Symposium on Building Blue Economy Partnership stresses South China Sea

Symposium on Building Blue Economy Partnership stresses South China Sea (

To build a blue economy partnership and realize the goal of sustainable marine development we need to take the governance of the marine ecological environment as the first step and joint construction of marine industrial and supply chains as a major task, says Chi Fulin, president of China Institute for Reform and Development, in a keynote speech on the 2022 Symposium on Building Blue Economy Partnership, which was held on Nov 27.

According to statistics from international organizations, marine resources in the South China Sea have dropped to 5 percent from the 30 percent of the 1950 level. The number of coral reefs in the South China Sea is declining at a rate of 16 percent per decade, and less than 5 percent of the area is effectively protected.

In the face of increasingly severe challenges to marine ecological governance, Chi suggests that consultations on a convention on marine ecological environment governance in the South China Sea be launched as soon as possible in accordance with the UN Sustainable Development Goals and the Declaration on the Conduct of Parties in the South China Sea.

An ASEAN-China committee on sustainable marine development should also be established to align their marine strategies; coordinate their maritime policies; and jointly monitor, guide and supervise the governance of the marine ecological environment in the South China Sea, he adds.

For the marine economic development of countries along the Belt and Road initiative, it is important to promote the establishment of free trade zones to boost the development of marine fishery, marine renewable energy, marine biological resources and marine emerging industries. “We should adopt various forms of cooperation, such as framework agreements and investment treaties, to promote the building of flexible and multiple forms of bilateral and multilateral free trade areas, which may help form communities of shared interests and communities of a shared future,” Chi remarks.

Countries can work on technological innovation together to promote data, information and knowledge sharing, and build up regional and global ocean observation and prediction systems. Cooperation on non-traditional security issues such as maritime climate early warning, maritime search and rescue, and response to maritime terrorism and climate extremes, as well as in marine ecological protection and restoration, in building marine ecological waterways, and in jointly addressing transboundary marine pollution should be advanced, according to Chi.
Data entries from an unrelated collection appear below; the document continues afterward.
-- ===== src/Pipeline/Evaluate/Full.antt =====
-- A pass of internal/pipeline/evaluate.go over services that meet their contract: it reaches the end.
use nous.Prelude.{
  ℕ, suc, ◌+◌, ◌≡◌, ◌≢◌, refl, ap, ◌∙◌, false, Option, none, some, List, [], ◌∷◌, arith, All,
  length, length-append, trim_space,
}
use nous.Prelude.Time.{Time, Duration}
use nous.Prelude.Float.{Float64, outside_unit}
use nous.Domain.Errors.{Uuid, Error, Result, ok, err, IsOk-value}
use nous.Domain.Decision.Validity.{new_decision_accepts, new_decision-validate}
use nous.Domain.Types.{ChronosSignal, MemoryRef}
use nous.Domain.Commitment.{Commitment}
use nous.Domain.Decision.{Decision, new_decision, validate}
use nous.Risk.Types.{RiskAssessment}
use nous.Risk.Engine
use nous.Risk.Engine.{evaluate_commitment}
use nous.Intervene.Engine as Policy
use nous.Intervene.Engine.{maybe_intervene}
use nous.Pipeline.Services.{Services}
use nous.Pipeline.Evaluate.{
  EvaluateOptions, EvaluateResult, noted, after_update, evaluate_one, evaluate_all, empty_result,
  evaluate_found, evaluate,
}
use nous.Pipeline.Evidence.{record_decision, save_built, after_save, filled}
use nous.Pipeline.Evaluate.Contract.{Onward, Contract}
use nous.Pipeline.Evaluate.Keeps.{one_go, before_update_go}
use nous.Pipeline.Evaluate.Counts.{intervene-OneMore}

module _ {F : Type 0} ⦃fl : Float64 F⦄ (risk : Engine.Config F) where
  -- The confidence of an assessment is that of the commitment.
  pub confidence_same :
      (c : Commitment F) (signals : List (ChronosSignal F)) (memories : List MemoryRef) (now : Time)
      → outside_unit c.confidence ≡ false
      → outside_unit (evaluate_commitment risk c signals memories now).confidence ≡ false
  unfolding evaluate_commitment
  confidence_same c signals memories now o = o

-- The texts of the decisions are not blank.
pub speaks :
    (trim_space "commitment.evaluate" ≢ "")
    × (trim_space "Risk evaluated against current signals." ≢ "")
unfolding trim_space
speaks = (λ e. cc e, λ e. cc e)

module _ {F W : Type 0} ⦃fl : Float64 F⦄ (svc : Services F W) (risk : Engine.Config F)
    (policy : Policy.Config F) (P : W → Type 0) (Stored : W → Uuid → Type 0)
    (k : Contract svc P Stored) where
  -- `err == nil`
  abbrev Made : Result (Decision F) → Type 0
  Made r = (d : Decision F) × (r ≡ ok d)

  after_save-Made :
      (r : W × Option Error) (c : Commitment F) (d : Decision F) (a : RiskAssessment F) (n : ℕ)
      (now : Time)
      → r.1 ≡ none
      → Made (after_save svc r c d a n now).1
  unfolding after_save
  after_save-Made (w, some e) c d a n now h = absurd (cc h)
  after_save-Made (w, none) c d a n now h = (d, refl)

  filled_valid :
      (d : Decision F) (c : Commitment F) (a : RiskAssessment F) (n : ℕ)
      → validate d ≡ none
      → validate (filled svc risk d c a n) ≡ none
  unfolding filled validate
  filled_valid d c a n h = h

  save_built-Made :
      (w : W) (r : Result (Decision F)) (c : Commitment F) (a : RiskAssessment F) (n : ℕ)
      (now : Time) (d : Decision F)
      → r ≡ ok d
      → validate d ≡ none
      → Made (save_built svc risk w r c a n now).1
  unfolding save_built
  save_built-Made w (err e) c a n now d h v = absurd (cc h)
  save_built-Made w (ok d') c a n now d h v =
      after_save-Made _ c _ a n now (k.decides w _ (filled_valid d' c a n (ground arith)))

  record_decision-Made :
      (w : W) (c : Commitment F) (a : RiskAssessment F) (signals : List (ChronosSignal F))
      (now : Time)
      → outside_unit a.confidence ≡ false
      → Made (record_decision svc risk w c a signals now).1
  unfolding record_decision
  record_decision-Made w c a signals now o =
      let (d, e) = IsOk-value (new_decision (svc.new_uuid w).0 _ _ a.confidence now) (
        (new_decision_accepts (svc.new_uuid w).0 _ _ a.confidence now).1
          (k.draws w, speaks.0, speaks.1, o)) in
      save_built-Made (svc.new_uuid w).1 _ c a (length signals) now d e
        (new_decision-validate (svc.new_uuid w).0 _ _ a.confidence now e)

  -- One more commitment updated and one more decision.
  record Advanced (res res' : EvaluateResult) : Type 0 where
    evaluated : res'.evaluated ≡ res.evaluated
    updated : res'.updated ≡ res.updated + 1
    decisions : length res'.decisions ≡ length res.decisions + 1

  noted-Advanced :
      (d : Result (Decision F)) (res : EvaluateResult)
      → Made d
      → Advanced res (noted svc risk policy d (record res { updated = suc res.updated }))
  unfolding noted
  noted-Advanced (err e) res h = absurd (cc h.1)
  noted-Advanced (ok d) res h = ground (arith, length-append res.decisions (d.id ∷ []))

  after_update-Advanced :
      (r : W × Option Error) (c : Commitment F) (a : RiskAssessment F)
      (signals : List (ChronosSignal F)) (now : Time) (res : EvaluateResult)
      → r.1 ≡ none
      → outside_unit a.confidence ≡ false
      → Advanced res (after_update svc risk policy r c a signals now res).1
  unfolding after_update
  after_update-Advanced (w, some e) c a signals now res h o = absurd (cc h)
  after_update-Advanced (w, none) c a signals now res h o =
      let (w', d) = record_decision svc risk w c a signals now in
      let res' = noted svc risk policy d (record res { updated = suc res.updated }) in
      let one = noted-Advanced d res (record_decision-Made w c a signals now o) in
      let more = intervene-OneMore svc risk policy w' c a now res' in
      record {
        evaluated = more.evaluated ∙ one.evaluated;
        updated = more.updated ∙ one.updated;
        decisions = ap length more.decisions ∙ one.decisions;
      }

  one-Advanced :
      (w : W) (c : Commitment F) (lookback : Duration) (now : Time) (res : EvaluateResult)
      → Stored w c.id
      → outside_unit c.confidence ≡ false
      → Advanced res (evaluate_one svc risk policy w c lookback now res).1
  unfolding evaluate_one
  one-Advanced w c lookback now res s o =
      after_update-Advanced _ c _ _ now res
        (k.updates _ c.id _ now
          ((before_update_go svc risk policy P Stored k.aside w c lookback now _).stays c.id s))
        (confidence_same risk c _ _ now o)

  -- A commitment that the pass can take on in `w`.
  abbrev IsReady : W → Commitment F → Type 0
  IsReady w c = Stored w c.id × (outside_unit c.confidence ≡ false)

  IsReady-later :
      (w w' : W) (cs : List (Commitment F))
      → Onward P Stored w w'
      → All (IsReady w) cs
      → All (IsReady w') cs
  IsReady-later w w' [] on h = tt
  IsReady-later w w' (c ∷ cs) on h = ((on.stays c.id h.0.0, h.0.1), IsReady-later w w' cs on h.1)

  module _ (uncancelled : (w : W) → svc.cancelled w ≡ none) where
    loop-Advanced :
        (cs : List (Commitment F)) (w : W) (lookback : Duration) (now : Time) (res : EvaluateResult)
        → All (IsReady w) cs
        → let out = evaluate_all svc risk policy w cs lookback now res in
          (out.2 ≡ none)
          × (out.1.evaluated ≡ res.evaluated)
          × (out.1.updated ≡ res.updated + length cs)
          × (length out.1.decisions ≡ length res.decisions + length cs)
    unfolding evaluate_all
    loop-Advanced [] w lookback now res h = (refl, refl, omega arith, omega arith)
    loop-Advanced (c ∷ cs) w lookback now res h =
        let (w', res') = evaluate_one svc risk policy w c lookback now res in
        let one = one-Advanced w c lookback now res h.0.0 h.0.1 in
        let (e, n, u, d) =
          loop-Advanced cs w' lookback now res'
            (IsReady-later w w' cs (one_go svc risk policy P Stored k w c lookback now res) h.1) in
        rw (uncancelled w)
          (e, n ∙ one.evaluated, omega (arith, u, one.updated), omega (arith, d, one.decisions))

    found-Advanced :
        (w : W) (r : Result (List (Commitment F))) (cs : List (Commitment F)) (lookback : Duration)
        (now : Time)
        → r ≡ ok cs
        → All (IsReady w) cs
        → let out = evaluate_found svc risk policy w r lookback now in
          (out.2 ≡ none)
          × (out.1.evaluated ≡ length cs)
          × (out.1.updated ≡ length cs)
          × (length out.1.decisions ≡ length cs)
    unfolding evaluate_found
    found-Advanced w r cs lookback now h a =
        let (e, n, u, d) = loop-Advanced cs w lookback now (empty_result (length cs)) a in
        rw h (e, n, omega (arith, u), omega (arith, d))

    -- Over services that meet their contract, and while the context is not cancelled, a pass from a
    -- world with the invariant ends without an error, and counts an update and reports a decision for every
    -- commitment that the scan found.
    pub full_pass :
        (w : W) (opts : EvaluateOptions) (now : Time)
        → P w
        → let out = evaluate svc risk policy w opts now in
          (cs : List (Commitment F)) × (svc.find_active (svc.inc_evaluations_run w) opts.limit
            ≡ ok cs)
          × (out.2 ≡ none)
          × (out.1.evaluated ≡ length cs)
          × (out.1.updated ≡ length cs)
          × (length out.1.decisions ≡ length cs)
    unfolding evaluate
    full_pass w opts now p =
        let (cs, e, a) =
          k.scan (svc.inc_evaluations_run w) opts.limit ((k.aside.runs_on w).kept p) in
        let (stopped, n, u, d) =
          found-Advanced (svc.inc_evaluations_run w) _ cs opts.signal_lookback now e a in
        (cs, e, stopped, n, u, d)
In 2021, ASEAN’s exports of fish and other seafood accounted for 18 percent of its total exports to China. However, processed seafood accounted for only 4.1 percent of its total seafood exports. Therefore, Chi proposes that the RCEP rules of origin need to be better utilized to support enterprises in the region to jointly set up cross-border fishery processing industrial parks in line with their own business needs and resource supply characteristics, and properly deploy industrial chains of fishing, processing, freshness-keeping and transportation, so as to enable the added value of fish and other seafood to exceed 40 percent and to still enjoy the “zero tariff” policy.